TV’s favourite physicist is the stand-out name at this year’s May Music Festival, Oxford’s annual showcase for science and the arts.

Prof Brian Cox makes a welcome return with an illustrated lecture based on his BBC series Wonders of the Solar System. Appropriately, this will be followed by Holst’s The Planets, in the composer’s little-known arrangement for two pianos. The piece will be performed by Katya Apekisheva and Ashley Waas.
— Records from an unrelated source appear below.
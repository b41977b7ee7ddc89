-- ===== src/Client/Libraries.antt =====
-- What the client program relies on and does not implement: the OPC UA client's connections, POSIX
-- threads, and the ZooKeeper client's sessions.
use ua_rate_throttling.Common.{ℕ, Bool, Option, Bytes}
use ua_rate_throttling.Queue.Libraries.{Host}
use ua_rate_throttling.Chunk.Libraries.{Stack}
use ua_rate_throttling.Service.Libraries.{UaClient, RequestHeader, Network}

pub record Platform (host : Host) (stack : Stack host) (network : Network host stack) : Type 0 where
  -- `UA_Client_new` with the standard configuration.
  pub new_client : host.World → UaClient network.NodeId × host.World
  -- `UA_Client_getEndpoints` of a URL. The endpoints are only printed.
  pub get_endpoints :
      UaClient network.NodeId → Bytes → host.World → ℕ × (UaClient network.NodeId × host.World)
  -- `UA_Client_connect_username` with a URL, a name and a password.
  pub connect_username :
      UaClient network.NodeId
      → Bytes
      → Bytes
      → Bytes
      → host.World
      → ℕ × (UaClient network.NodeId × host.World)
  pub disconnect : UaClient network.NodeId → host.World → host.World
  -- The header that `UA_ReadRequest_init` leaves, and a request to read an attribute of a node with
  -- a numeric id: namespace, id, attribute.
  pub init_header : RequestHeader network.NodeId
  pub read_request : ℕ → ℕ → ℕ → network.Request
  -- `*(UA_DateTime *) response.results->value.data`, where no pointer on the way is null.
  pub first_date : network.Body → Option ℕ
  -- `pthread_attr_init`, `pthread_attr_setscope`, `pthread_attr_setdetachstate` and
  -- `pthread_create`: whether each succeeds.
  pub attr_init : host.World → Bool
  pub attr_setscope : host.World → Bool
  pub attr_setdetachstate : host.World → Bool
  pub create : host.World → Bool
  -- `zookeeper_init` with a quorum: whether there is a handle. `errno` of a failure.
  pub zookeeper_init : Bytes → host.World → Bool × host.World
  pub zookeeper_close : host.World → host.World
  pub errno : host.World → ℕ
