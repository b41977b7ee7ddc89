-- ===== src/Memory.antt =====
-- The memory that the two programs own, examples/zuthClient.c and examples/zuthServer.c, and what
-- frees it.
use ua_rate_throttling.Common.{ℕ, Option, none, some, List, [], ◌∷◌, ◌==◌, if◌then◌else◌, ◌>>=◌}

-- What is allocated: the members of the configuration, the OPC UA objects, and the strings.
pub data Resource : Type 0 where
  hostname : Resource
  username : Resource
  password : Resource
  server_id : Resource
  zookeeper_quorum : Resource
  client : Resource
  endpoint_array : Resource
  server : Resource
  network_layer : Resource
  task_table : Resource
  server_dst : Resource
  group_guid : Resource
  task_path : Resource
  uri_string : Resource
  encoded_uri : Resource
  path_buffer : Resource
  active_path : Resource
  active_server_path : Resource
  endpoint_url : Resource
  queue_path : Resource

unfoldable pub code_of : Resource → ℕ
code_of hostname = 0
code_of username = 1
code_of password = 2
code_of server_id = 3
code_of zookeeper_quorum = 4
code_of client = 5
code_of endpoint_array = 6
code_of server = 7
code_of network_layer = 8
code_of task_table = 9
code_of server_dst = 10
code_of group_guid = 11
code_of task_path = 12
code_of uri_string = 13
code_of encoded_uri = 14
code_of path_buffer = 15
code_of active_path = 16
code_of active_server_path = 17
code_of endpoint_url = 18
code_of queue_path = 19

-- `free` of what is allocated; `none` for what is not, or not any more.
unfoldable pub free : Resource → List Resource → Option (List Resource)
unfolding code_of
free r [] = none
free r (s ∷ held) =
    let rest = free r held in
    if code_of r == code_of s then some held else (do held' ← rest; some (s ∷ held'))

unfoldable pub free_all : List Resource → List Resource → Option (List Resource)
free_all [] held = some held
free_all (r ∷ rs) held = do held' ← free r held; free_all rs held'

-- The members of a configuration, in the order in which `free_zkUAConfigs` of src/zk_cli.c frees
-- them.
abbrev pub configs : List Resource
configs = hostname ∷ username ∷ password ∷ server_id ∷ zookeeper_quorum ∷ []

-- `free_zkUAConfigs`
unfoldable pub free_configs : List Resource → Option (List Resource)
free_configs held = free_all configs held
Apekisheva and the Goldner String Quartet are this year’s musicians in residence, and will appear together in one of the festival’s highlights, a Benjamin Britten celebration, which features his String Quartet and Suite for Violin and Piano, alongside the Violin Sonata by Britten’s teacher, Frank Bridge. For this they will be joined by violinist Jack Liebeck, the festival’s artistic director and co-founder.

Popular baritone Roderick Williams continues the Britten celebrations with songs by Britten, Bridge, Vaughan Williams and other English composers, focusing on settings of poems by the likes of Shakespeare, Yeats, Hardy and Houseman.

The festival ends with a gala concert, which features Vivaldi’s Four Seasons and Mendelssohn’s String Octet.

In between will be lectures, all helping to fuse together the two main strands of music and science.

“It’s got more immediately attractive things than we often have,” says administrative director Brian Foster, who founded the festival with Mr Liebeck in 2008. “The finale is selling extremely well, and Brian of course is extremely well known.”